Here’s what changed. AI needs data centers. Data centers need fiber optic cable. Lots of it. NVIDIA CEO Jensen Huang called it the biggest infrastructure buildout of our time.

And Corning makes more fiber optic cable than anyone on Earth.

On May 6, NVIDIA and Corning announced a deal that shook the market. NVIDIA took a $500 million stake in Corning. In return, Corning will build three new factories in North Carolina and Texas, expand its U.S. fiber production by more than 50%, and boost optical connectivity capacity tenfold.

That means 3,000+ new American jobs. All high-paying. All in manufacturing.

The stock jumped 10% the day the deal hit. It set a new all-time high above $200. Over the past 12 months, GLW has climbed more than 300%. Think about that. A company founded before the Civil War — outrunning almost every tech stock on the board.

The numbers tell the story. First-quarter 2026 sales hit $4.35 billion — up 18% from a year ago. Earnings per share grew 30%. The Optical Communications segment alone surged 36%.

And the pipeline keeps getting fatter. Two more hyperscale customers signed long-term deals. Those are similar in size to the $6 billion agreement Corning already has with Meta. Management now sees a path to $20 billion in annual revenue by the end of this year. The stretch target? $40 billion by 2030. Let that sink in.

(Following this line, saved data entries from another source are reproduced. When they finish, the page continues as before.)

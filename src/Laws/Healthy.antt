-- ===== src/Laws/Healthy.antt =====
-- `health_status` of dstate/src/core/diagnostics.rs beside counts of the peers.
use dstate.Base.{
  ℕ, ◌+◌, ◌<◌, ◌≤◌, ◌^◌, ◌/◌, ◌≡◌, Bool, ◌&&◌, not, [], ◌∷◌, arith, ltb, nat_eq, if◌then◌else◌,
  length, filter, ◌==◌,
}
use dstate.HashMap
use dstate.HashMap.{HashMap}
use dstate.Types.Config.{Duration, Instant}
use dstate.Types.Envelope.{NodeId, Clock, StateViewObject}
use dstate.ViewMap.{is_stale}
use dstate.Shard.State.{ShardCore, snapshot}
use dstate.Diagnostics.{DiagnosticsLogic, PeerDiagnostics}
use dstate.Diagnostics.Health.{
  Tally, tally, tally_peer, is_failing, classify, healthy, degraded, unhealthy, health_status,
}

module _ {V : Type 0} (local : NodeId) (now : Instant) (max_staleness : Duration)
    (peers : HashMap PeerDiagnostics) where
  -- Entries of other nodes, those that `is_stale` of the view map finds stale, and those with failures.
  abbrev pub other : NodeId × StateViewObject V → Bool
  other x = not (x.0 == local)

  abbrev pub stale_other : NodeId × StateViewObject V → Bool
  stale_other x = other x && is_stale now max_staleness x.1

  abbrev pub failing_other : NodeId × StateViewObject V → Bool
  failing_other x = other x && is_failing (HashMap.get x.0 peers)

  abbrev pub well_other : NodeId × StateViewObject V → Bool
  well_other x =
      other x && not (is_stale now max_staleness x.1) && not (is_failing (HashMap.get x.0 peers))

  -- The tally adds up to the counts.
  Adds : Tally → HashMap (StateViewObject V) → Tally → Type 0
  Adds t m r =
      (r.healthy ≡ t.healthy + length (filter well_other m))
      × (r.stale ≡ t.stale + length (filter stale_other m))
      × (r.failing ≡ t.failing + length (filter failing_other m))
      × (r.total_peers ≡ t.total_peers + length (filter other m))

  Fits : Tally → HashMap (StateViewObject V) → Type 0
  Fits t m =
      (t.healthy + length m < 2 ^ 32)
      × (t.stale + length m < 2 ^ 32)
      × (t.failing + length m < 2 ^ 32)
      × (t.total_peers + length m < 2 ^ 32)

  tally_peer-lem :
      (x : NodeId × StateViewObject V) (m : HashMap (StateViewObject V)) (t r : Tally)
      → Fits t (x ∷ m)
      → Fits (tally_peer local now max_staleness peers x.0 x.1 t) m
        × (Adds (tally_peer local now max_staleness peers x.0 x.1 t) m r → Adds t (x ∷ m) r)
  unfolding tally_peer is_stale Adds Fits
  tally_peer-lem x m t r fits = ground arith

  tally-Adds :
      (m : HashMap (StateViewObject V)) (t : Tally)
      → Fits t m
      → Adds t m (tally local now max_staleness peers m t)
  unfolding tally
  tally-Adds [] t fits = unfold Adds in (omega arith, omega arith, omega arith, omega arith)
  tally-Adds (x ∷ m) t fits =
      let step =
        tally_peer-lem x m t
          (tally local now max_staleness peers m
            (tally_peer local now max_staleness peers x.0 x.1 t))
          fits in
      step.1 (tally-Adds m (tally_peer local now max_staleness peers x.0 x.1 t) step.0)

  well-other :
      (m : HashMap (StateViewObject V)) → length (filter well_other m) ≤ length (filter other m)
  well-other [] = omega arith
  well-other (x ∷ m) = ground (arith, well-other m)

status_of :
    (t : Tally) (well late failing all : ℕ)
    → t.healthy ≡ 0 + well
    → t.stale ≡ 0 + late
    → t.failing ≡ 0 + failing
    → t.total_peers ≡ 0 + all
    → well ≤ all
    → classify t ≡ (
        if nat_eq late 0 && nat_eq failing 0
        then healthy
        else if ltb (all / 2) well
        then degraded
        else unhealthy)
unfolding classify
status_of t well late failing all a b c d some_well = ground arith

-- A node with fewer than 2^32 views counts its peers as they are: those that are stale in the sense
-- of its queries, those whose last synchronisation failed, and those that are neither. It is healthy
-- exactly if no peer is stale or failing, and else degraded exactly if more than half of its peers,
-- the odd one rounded down, are well.
pub health_status_lem :
    {S V : Type 0} (clock : Clock) (max_staleness : Duration) (s : ShardCore S V)
    (d : DiagnosticsLogic)
    → length (snapshot s) < 2 ^ 32
    → let h = health_status clock max_staleness s d in
      let count = λ (p : NodeId × StateViewObject V → Bool). length (filter p (snapshot s)) in
      let well = count (well_other s.node_id clock.now max_staleness d.peers) in
      let late = count (stale_other s.node_id clock.now max_staleness d.peers) in
      let failing = count (failing_other s.node_id clock.now max_staleness d.peers) in
      let all = count (other s.node_id clock.now max_staleness d.peers) in
      (h.healthy_peers ≡ well)
      × (h.stale_peers ≡ late)
      × (h.failing_peers ≡ failing)
      × (h.status ≡ (
          if nat_eq late 0 && nat_eq failing 0
          then healthy
          else if ltb (all / 2) well
          then degraded
          else unhealthy))
unfolding health_status Adds Fits
health_status_lem clock max_staleness s d few =
    let (well, late, failing, all) =
      tally-Adds s.node_id clock.now max_staleness d.peers (snapshot s)
        (record { healthy = 0; stale = 0; failing = 0; total_peers = 0 })
        (omega arith, omega arith, omega arith, omega arith) in
    (
      omega (arith, well),
      omega (arith, late),
      omega (arith, failing),
      status_of
          (tally s.node_id clock.now max_staleness d.peers (snapshot s)
            (record { healthy = 0; stale = 0; failing = 0; total_peers = 0 }))
          _ _ _ _ well late failing all
          (well-other s.node_id clock.now max_staleness d.peers (snapshot s)),
    )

Corning isn’t just riding the AI wave. It’s also expanding into solar. Its Hemlock Semiconductor unit makes polysilicon wafers — and solar sales jumped 80% last quarter. That’s two massive tailwinds at once: AI and clean energy. Both need American glass.

★ Made In America

Corning’s largest fiber plant sits in Wilmington, North Carolina — the same facility it opened in 1979 as the world’s first optical fiber factory. Its headquarters haven’t moved from Corning, New York since 1868.

The company employs roughly 67,000 people. It invests about 10% of revenue back into R&D every year. Some companies talk about innovation. Corning has been doing it for 175 years.

★ THE INVESTOR ANGLE — CORNING (NYSE: GLW)
Market Cap
~$170B
Up 300%+ in 12 mo.
Q1 Sales
$4.35B
+18% YoY
Q1 EPS
$0.70
+30% YoY

The bull case is simple. Every AI data center needs miles of fiber optic cable. Corning is the dominant supplier. And it just locked in its biggest customer — NVIDIA — as both a partner and a shareholder.

The risk? Valuation. At a P/E near 97, this stock is priced for perfection. Any slowdown in AI spending could hit it hard. But the company has been beating estimates for eight straight quarters. And those multiyear deals with Meta and other hyperscalers give it real earnings visibility.

Here’s what I like most. Corning isn’t a startup hoping to make it. It’s a 175-year-old American company that keeps reinventing itself — from lightbulbs to fiber optics to Gorilla Glass to AI infrastructure. Every era needs a new kind of glass. And every time, Corning figures out how to make it. That’s the kind of company that rewards patient investors.